2. Segmentation: implement `segment_<name>(envelope, times, **kwargs)` in `segmentation/` and add branch in `segmentation/dispatch.py`.

## TextGrid Tier Indexing
Indices are 0-based (as provided by the `textgrid` library). Pass `None` to skip a tier or `-1` for placeholder syllable generation (currently returns empty list).

## Evaluation Conventions
- Default tolerance = 0.05s.
- Evaluation keys are generated dynamically based on tier specifications (e.g., `syllable_boundaries`, `word_spans`).
- To evaluate against a new tier, pass it via the `tiers` parameter: `tiers={'my_tier': 3}`.
- Substitutions matter for span metrics; remain zero for nuclei/boundary F1 semantics.

## Roadmap

- [x] Classical envelope-based segmentation (v0.1.0)
- [x] Multi-level TextGrid evaluation (v0.1.0)
- [x] End-to-end neural segmentation (Sylber) (v0.1.1)
- [x] Syllable embedding pipeline (v1.0.0)
  - [x] Core extractors (Sylber, MFCC, Mel-spectrogram)
  - [x] Pooling methods (mean, ONC, max, median)
  - [x] Corpus processing with parallel execution
  - [x] Storage utilities (NPZ, HDF5)
  - [x] VG-HuBERT support with MFCC delta features
- [ ] Additional neural embedders (HuBERT, Wav2Vec2, WavLM)
- [ ] Streaming / large-file handling
- [ ] Alternative segmentation algorithms (Mermelstein, oscillator-based)
- [ ] Enhanced CLI with progress tracking

## Performance Notes
- Audio loading prefers `torchaudio` (install separately) else falls back to `soundfile`/`librosa`
- Envelope computation is vectorized (NumPy); SBS/Hilbert faster than theta/gammatone
- Embedding extraction: Neural methods (GPU) ~50 fps, Classical methods (CPU) ~100 fps
- Corpus processing supports parallel execution via `n_jobs` parameter

## FAQ

**Can I use my own segmentation boundaries?**  
Yes! Extract embeddings from pre-segmented syllables by calling the lower-level API (see [docs/EMBEDDING_PIPELINE.md](docs/EMBEDDING_PIPELINE.md)).

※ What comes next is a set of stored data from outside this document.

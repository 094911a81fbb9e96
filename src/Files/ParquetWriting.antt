-- ===== src/Files/ParquetWriting.antt =====
-- What a stream becomes in a Parquet file, for crates/transferred-files/src/formats/parquet.rs.
use transferred.Prelude.{ℕ, ◌<◌, ◌≡◌, refl, sym, ◌∙◌, All, List, [], ◌∷◌, ◌++◌, map, ok, err, arith}
use transferred.Prelude.Int.{pos}
use transferred.Core.Error.{TransferredError}
use transferred.Core.Arrow.{ArrowField, RecordBatch}
use transferred.Core.Transfer.{BatchStream}
use transferred.Files.Paths.{FilePath}
use transferred.Files.Parquet.{
  ParquetFiles, ParquetCompression, Compression, zstd, snappy, uncompressed, zstd_default,
  snappy_codec, uncompressed_codec, parquet_compression, write, write_all, to_u64,
}

-- The codec that each choice of the library stands for, as parquet.rs documents it.
pub data IsCodecOf : Compression → ParquetCompression → Type 0 where
  as_zstd : IsCodecOf zstd zstd_default
  as_snappy : IsCodecOf snappy snappy_codec
  as_uncompressed : IsCodecOf uncompressed uncompressed_codec

pub parquet_compression-IsCodecOf :
    (compression : Compression) → IsCodecOf compression (parquet_compression compression)
unfolding parquet_compression
parquet_compression-IsCodecOf zstd = as_zstd
parquet_compression-IsCodecOf snappy = as_snappy
parquet_compression-IsCodecOf uncompressed = as_uncompressed

codec_only :
    {compression : Compression} {chosen : ParquetCompression}
    → IsCodecOf compression chosen
    → parquet_compression compression ≡ chosen
unfolding parquet_compression
codec_only as_zstd = refl
codec_only as_snappy = refl
codec_only as_uncompressed = refl

-- A writer without failures but of the types that the crate does not write: of a schema that is
-- writable, which is for the crate to say (one with an interval is not), it opens a file, and takes
-- the batches of that schema. Where it stands after opening a file, after a batch, and after closing,
-- the schema of the open file, and the rows that it counts, which an `i64` holds.
pub record Takes {ℓ} {W : Type ℓ} (parquet : ParquetFiles W) : Type (ℓ ⊔ 1) where
  pub IsWritable : List ArrowField → Type 0
  pub schema_of : W → List ArrowField
  pub opened : FilePath → List ArrowField → ParquetCompression → W → W
  pub after : RecordBatch → W → W
  pub count : W → ℕ
  pub closed : W → W
  pub try_new_lem :
      (path : FilePath) (schema : List ArrowField) (compression : ParquetCompression) (w : W)
      → IsWritable schema
      → parquet.try_new path schema compression w ≡ (ok tt, opened path schema compression w)
  pub schema_of-opened :
      (path : FilePath) (schema : List ArrowField) (compression : ParquetCompression) (w : W)
      → schema_of (opened path schema compression w) ≡ schema
  pub write_batch_lem :
      (batch : RecordBatch) (w : W)
      → IsWritable batch.schema
      → batch.schema ≡ schema_of w
      → parquet.write_batch batch w ≡ (ok tt, after batch w)
  pub schema_of-after : (batch : RecordBatch) (w : W) → schema_of (after batch w) ≡ schema_of w
  pub close_lem : (w : W) → parquet.close w ≡ (ok (pos (count w)), closed w)
  pub few : (w : W) → count w < 9223372036854775808

module _ {ℓ} {W : Type ℓ} (parquet : ParquetFiles W) (takes : Takes parquet) where
  -- The writer after the batches, in their order.
  abbrev pub after_all : List RecordBatch → W → W
  after_all [] w = w
  after_all (batch ∷ batches) w = after_all batches (takes.after batch w)

  abbrev pub AllOf : List ArrowField → List RecordBatch → Type 0
  AllOf schema batches = All (λ (batch : RecordBatch). batch.schema ≡ schema) batches

  -- Batches of the schema of the open file.
  module _ (schema : List ArrowField) (writable : takes.IsWritable schema) where
    write_batch-of :
        (batch : RecordBatch) (w : W)
        → batch.schema ≡ schema
        → takes.schema_of w ≡ schema
        → (parquet.write_batch batch w ≡ (ok tt, takes.after batch w))
          × (takes.schema_of (takes.after batch w) ≡ schema)
    write_batch-of batch w of_schema unclosed = (
      takes.write_batch_lem batch w (rw of_schema writable) (of_schema ∙ sym unclosed),
      takes.schema_of-after batch w ∙ unclosed,
    )

    write_all-ok :
        (batches : List RecordBatch) (w : W)
        → AllOf schema batches
        → takes.schema_of w ≡ schema
        → write_all parquet (map ok batches) w ≡ (ok tt, after_all batches w)
    unfolding write_all
    write_all-ok [] w all unclosed = refl
    write_all-ok (batch ∷ batches) w (one, all) unclosed =
        let (wrote, still) = write_batch-of batch w one unclosed in
        rw wrote (write_all-ok batches (takes.after batch w) all still)

    write_all-err :
        (batches : List RecordBatch) (e : TransferredError) (rest : BatchStream) (w : W)
        → AllOf schema batches
        → takes.schema_of w ≡ schema
        → write_all parquet (map ok batches ++ err e ∷ rest) w ≡ (err e, after_all batches w)
    unfolding write_all
    write_all-err [] e rest w all unclosed = refl
    write_all-err (batch ∷ batches) e rest w (one, all) unclosed =
        let (wrote, still) = write_batch-of batch w one unclosed in
        rw wrote (write_all-err batches e rest (takes.after batch w) all still)

  to_u64-pos : (n : ℕ) → n < 9223372036854775808 → to_u64 (pos n) ≡ ok n
  unfolding to_u64
  to_u64-pos n h = ground arith

  -- With a writer that takes the batches of a schema that it can write, a stream of batches of one
  -- such schema is written to a file of that schema and of the codec that the library's choice of a
  -- compression names, zstd at its default level, snappy or none: all its batches in order and then
  -- the footer, whose row count is the answer, or, where an error comes, the batches in front of it
  -- and no footer, and the error is the answer.
  pub write-ok_or_err :
      (compression : Compression) (chosen : ParquetCompression) (path : FilePath)
      (first : RecordBatch) (batches : List RecordBatch) (e : TransferredError) (rest : BatchStream)
      (w : W)
      → IsCodecOf compression chosen
      → takes.IsWritable first.schema
      → AllOf first.schema batches
      → (write parquet compression path (map ok (first ∷ batches)) w ≡ (
        ok (takes.count (after_all (first ∷ batches) (takes.opened path first.schema chosen w))),
        takes.closed (after_all (first ∷ batches) (takes.opened path first.schema chosen w)),
      ))
        × (write parquet compression path (map ok (first ∷ batches) ++ err e ∷ rest) w
            ≡ (err e, after_all (first ∷ batches) (takes.opened path first.schema chosen w)))
  unfolding write
  write-ok_or_err compression chosen path first batches e rest w named writable all =
      let opened = takes.opened path first.schema chosen w in
      let after = after_all (first ∷ batches) opened in
      let unclosed = takes.schema_of-opened path first.schema chosen w in
      (
        rw (codec_only named, takes.try_new_lem path first.schema chosen w writable)
            (rw (write_all-ok first.schema writable (first ∷ batches) opened (refl, all) unclosed) (
              rw (takes.close_lem after)
                (rw (to_u64-pos (takes.count after) (takes.few after)) refl))),
        rw (codec_only named, takes.try_new_lem path first.schema chosen w writable)
            (rw
              (write_all-err first.schema writable (first ∷ batches) e rest opened (refl, all)
                unclosed)
              refl),
      )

**Why are boundary/spans columns missing in evaluation?**  
If a tier index is `None` or produces no intervals, those metrics are skipped.

**How do I add a custom envelope method?**  
Implement a function returning `(envelope, times)` and register it in `envelope/dispatch.py`.

**Can I stream long recordings?**  
Not yet; current design assumes full in-memory arrays. Streaming is on the roadmap.

**Why do I get 0 TP for nuclei evaluation?**  
Likely vowel set mismatch; confirm phone tier labels match ARPABET or adjust `SYLLABIC` constant.

**What's the difference between ONC pooling methods?**  
Our `onc` pooling = legacy spot_the_word `onc-strict` (30% onset, peak nucleus, 70% coda).

## Roadmap / TODO
- Implement `generate_syllable_intervals` (placeholder now).
- Additional segmentation algorithms (Mermelstein, oscillator-based).
- More robust CLI progress + JSON schema for outputs.
- Optional streaming / large-file handling.

## Roadmap / TODO
- Implement `generate_syllable_intervals` (placeholder now).
- Additional segmentation algorithms (Mermelstein, oscillator-based).
- More robust CLI progress + JSON schema for outputs.
- Optional streaming / large-file handling.

## Legacy Code
The previous exploratory/monolithic implementations are retained under a `legacy/` folder (formerly `old/` and `findsylls_old/`) for reference only. They are excluded from distribution and not supported; prefer the public API described above.

## License
MIT. See `LICENSE`.

## Citation
If you use this software in academic work, please cite the repository until a formal paper/preprint is available. A `CITATION.cff` file will appear in a future release.

Plain text:
```
Vázquez Martínez, Héctor Javier. (2024). findsylls: Unsupervised syllable segmentation, evaluation, and embedding extraction toolkit (Version 1.0.0) [Computer software]. https://github.com/hjvm/findsylls
```

BibTeX:
```bibtex
@software{findsylls,
    author = {Vázquez Martínez, Héctor Javier},
    title = {findsylls: Unsupervised syllable segmentation, evaluation, and embedding extraction toolkit},
    year = {2024},
    version = {1.0.0},
    url = {https://github.com/hjvm/findsylls},
    license = {MIT}
}
```

---
For development guidelines see `.github/copilot-instructions.md`.